* WHAT TO WORK ON: Since only part of the material below is wanted, output exactly the lines from the one with "system = with_bm (record" up to and including the one with "close_from (suc n) i s = do".

------------------------------

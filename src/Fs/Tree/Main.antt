-- ===== src/Fs/Tree/Main.antt =====
-- Setting the file system up and shutting it down, and the calls that it offers to processes,
-- src/kernel/fs/fs_main.c.
pub mod Calls
use potatoes.Prelude.{
  ℕ, zero, suc, ◌+◌, ◌-◌, ◌*◌, ◌%◌, ◌^◌, Bool, true, false, not, Option, none, some, List, [], ◌∷◌,
  ◌==◌, ltb, if◌then◌else◌, ◌>>=◌, get_elem?, set,
}
use potatoes.Prelude.Int.{ℤ, pos, eq_ℤ}
use potatoes.Fs.Bmap.{not_found, init_bmap, load_bmap, write_bmap}
use potatoes.Fs.Super.{SuperBlock, init_super_block, load_super_block, write_super_block}
use potatoes.Fs.Inodes.{MInode, init_inode_table}
use potatoes.Fs.Inodes.Disk.{InodeIo, create_root, load_root, write_root}
use potatoes.Fs.Files.{
  File, ProcFile, FileInfo, minus_one, init_file_table, get_file, get_proc_file, get_file_info,
  free_proc_file, lseek,
}
use potatoes.Fs.Io.{fs_read, fs_write}
use potatoes.Fs.Tree.{System, dir_entries_per_block, with_io}
use potatoes.Fs.Tree.Search.{search_file}
use potatoes.Fs.Tree.Edit.{directory, with_bm}
use potatoes.Fs.Tree.Open.{PathMemory, fs_open, fs_close}
use potatoes.Fs.Tree.Create.{CreateMemory, fs_create, fs_delete}

-- The system with `super_block`.
pub record Mounted : Type 0 where
  pub system : System
  pub super_block : SuperBlock

abbrev pub magic_number : ℕ
magic_number = 280187

-- What `mallocn` gives to the bitmap and to the inode of the root, the addresses of the two, which
-- the super block records, and the time.
pub record SetupMemory : Type 0 where
  pub loaded_bmap : Option (List ℕ)
  pub new_bmap : Option (List ℕ)
  pub root : Option MInode
  pub bmap_address : ℕ
  pub root_address : ℕ
  pub time : ℕ

pub init_tables : System → System
init_tables s = record s { inodes = init_inode_table s.inodes; gft = init_file_table s.gft }

pub load_fs : Mounted → SetupMemory → Option (Mounted × Bool)
unfolding init_tables
load_fs m memory = do
  bm ← load_bmap m.system.blocks.bm memory.loaded_bmap
  let s1 : System = init_tables (with_bm m.system bm)
  (io, inodes) ←
      load_root (record { dev = s1.blocks.bm.dev; d_inode_cache = s1.blocks.d_inode_cache })
        s1.inodes
  let s2 : System = record (with_io s1 io) { inodes = inodes }
  (dev, super) ← load_super_block s2.blocks.bm.dev m.super_block
  some (
    record { system = with_bm s2 (record s2.blocks.bm { dev = dev }); super_block = super },
    super.magic_number == magic_number,
  )

pub create_fs : Mounted → SetupMemory → Option (Mounted × Bool)
unfolding init_tables
create_fs m memory = do
  bm ← init_bmap m.system.blocks.bm memory.new_bmap
  let s1 : System = init_tables (with_bm m.system bm)
  inodes ← create_root s1.inodes memory.root memory.time
  let super : SuperBlock =
      init_super_block bm.dev.hdsize bm.num_bmap_blocks bm.first_data_block memory.bmap_address
        memory.root_address memory.time
  dev ← write_super_block bm.dev super
  some (
    record {
      system = with_bm (record s1 { inodes = inodes }) (record bm { dev = dev });
      super_block = super;
    },
    true,
  )

-- `load_fs` has returned; a new file system that cannot be made is a panic.
pub init_unless : SetupMemory → Mounted × Bool → Option Mounted
unfolding create_fs
init_unless memory (m, true) = some m
init_unless memory (m, false) =
    create_fs m memory >>= (λ (m', created). if created then some m' else none)

pub fs_init : Mounted → SetupMemory → Option Mounted
unfolding load_fs init_unless
fs_init m memory = load_fs m memory >>= init_unless memory

-- The loop of `fs_shutdown` over the entries of `gft` from `i` on, with the rounds left.
pub close_from : ℕ → ℕ → System → Option System
close_from zero i s = some s
close_from (suc n) i s = do
  f ← get_elem? s.gft i
  (s', closed) ← fs_close s f.desc
  close_from n (suc i) s'

abbrev pub num_files : ℕ
num_files = 10

-- `allocated`: whether `mallocn` gave the memory that `write_root` asks for.
pub fs_shutdown : Mounted → Bool → Option Mounted
unfolding close_from
fs_shutdown m allocated = do
  io ←
      write_root
        (record { dev = m.system.blocks.bm.dev; d_inode_cache = m.system.blocks.d_inode_cache })
        m.system.inodes allocated
  s ← close_from num_files 0 (with_io m.system io)
  bm ← write_bmap s.blocks.bm
  dev ← write_super_block bm.dev m.super_block
  some (record m { system = with_bm s (record bm { dev = dev }) })

-- How many bytes `do_read` asks for, in a file of `size` bytes.
pub read_length : FileInfo → ℕ → ℕ → ℕ
read_length info count at =
    let left = (info.size + 2 ^ 32 - at) % 2 ^ 32 in
    if info.mode == directory
    then 32 * dir_entries_per_block
    else if ltb left count
    then left
    else count

-- `info` is the memory of the local variable.
pub do_read : System → ℤ → List ℕ → ℕ → ℕ → FileInfo → Option (System × List ℕ × ℕ)
unfolding read_length
do_read s fd buf count at info = do
  info' ← get_file_info s.inodes s.gft fd info
  let to_read : ℕ = read_length info' count at
  i ← get_file s.gft fd
  f ← get_elem? s.gft i
  p ← f.inode
  inode ← get_elem? s.inodes p
  (blocks, inode', buf', n) ← fs_read (suc to_read) s.blocks buf inode to_read at false
  some (record s { blocks = blocks; inodes = set s.inodes p inode' }, buf', n)

pub do_write : System → ℤ → List ℕ → ℕ → ℕ → ℕ → Option (System × ℕ)
do_write s fd buf count at time = do
  i ← get_file s.gft fd
  f ← get_elem? s.gft i
  p ← f.inode
  inode ← get_elem? s.inodes p
  (blocks, inode', n) ← fs_write (suc count) s.blocks inode buf count at true time
  some (record s { blocks = blocks; inodes = set s.inodes p inode' }, n)

-- `mode` is a `uint8`.
pub do_create : ℕ → System → List ℕ → ℕ → ℕ → CreateMemory → Option (System × Bool)
do_create fuel s abs_path mode time memory = fs_create fuel s abs_path (mode % 256) time memory

pub do_mkdir : ℕ → System → List ℕ → ℕ → CreateMemory → Option (System × Bool)
do_mkdir fuel s abs_path time memory = fs_create fuel s abs_path directory time memory

abbrev pub data_file : ℕ
data_file = 1

pub do_mkfile : ℕ → System → List ℕ → ℕ → CreateMemory → Option (System × Bool)
unfolding do_create
do_mkfile fuel s abs_path time memory = do_create fuel s abs_path data_file time memory

-- 0, or -1 where `b` is FALSE.
abbrev pub status : Bool → ℤ
status b = if b then pos 0 else minus_one

pub do_remove : ℕ → System → List ℕ → ℕ → CreateMemory → Option (System × ℤ)
do_remove fuel s abs_path time memory =
    fs_delete fuel s abs_path time memory >>= (λ (s', deleted). some (s', status deleted))

pub do_open : ℕ → System → List ℕ → PathMemory → Option (System × ℤ)
do_open fuel s abs_path memory = fs_open fuel s abs_path memory

pub do_close : System → ℤ → Option (System × ℤ)
do_close s fd = fs_close s fd >>= (λ (s', closed). some (s', status closed))

-- `get_proc_file` is used untested.
pub do_close_pf : System → List ProcFile → ℤ → Option (System × List ProcFile × ℤ)
unfolding do_close
do_close_pf s pft pfd = do
  i ← get_proc_file pft pfd
  pf ← get_elem? pft i
  (s', closed) ← do_close s pf.f_desc
  let freed : Option (System × List ProcFile × ℤ) =
      free_proc_file pft pfd >>= (λ pft'. some (s', pft', pos 0))
  if eq_ℤ closed (pos 0) then freed else some (s', pft, minus_one)

pub do_lseek : List ProcFile → ℤ → ℤ → ℕ → Option (List ProcFile × ℕ)
do_lseek pft fd offset origin = lseek pft fd offset origin

pub do_file_exists : ℕ → System → List ℕ → Option (List ℕ) → Option (System × Bool)
do_file_exists fuel s path copy =
    search_file fuel s path copy >>= (λ (s', found). some (s', not (found == not_found)))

------------------------------

* RESPONSE TO THE EXERCISE:
      system = with_bm (record s1 { inodes = inodes }) (record bm { dev = dev });
      super_block = super;
    },
    true,
  )

-- `load_fs` has returned; a new file system that cannot be made is a panic.
pub init_unless : SetupMemory → Mounted × Bool → Option Mounted
unfolding create_fs
init_unless memory (m, true) = some m
init_unless memory (m, false) =
    create_fs m memory >>= (λ (m', created). if created then some m' else none)

pub fs_init : Mounted → SetupMemory → Option Mounted
unfolding load_fs init_unless
fs_init m memory = load_fs m memory >>= init_unless memory

-- The loop of `fs_shutdown` over the entries of `gft` from `i` on, with the rounds left.
pub close_from : ℕ → ℕ → System → Option System
close_from zero i s = some s
close_from (suc n) i s = do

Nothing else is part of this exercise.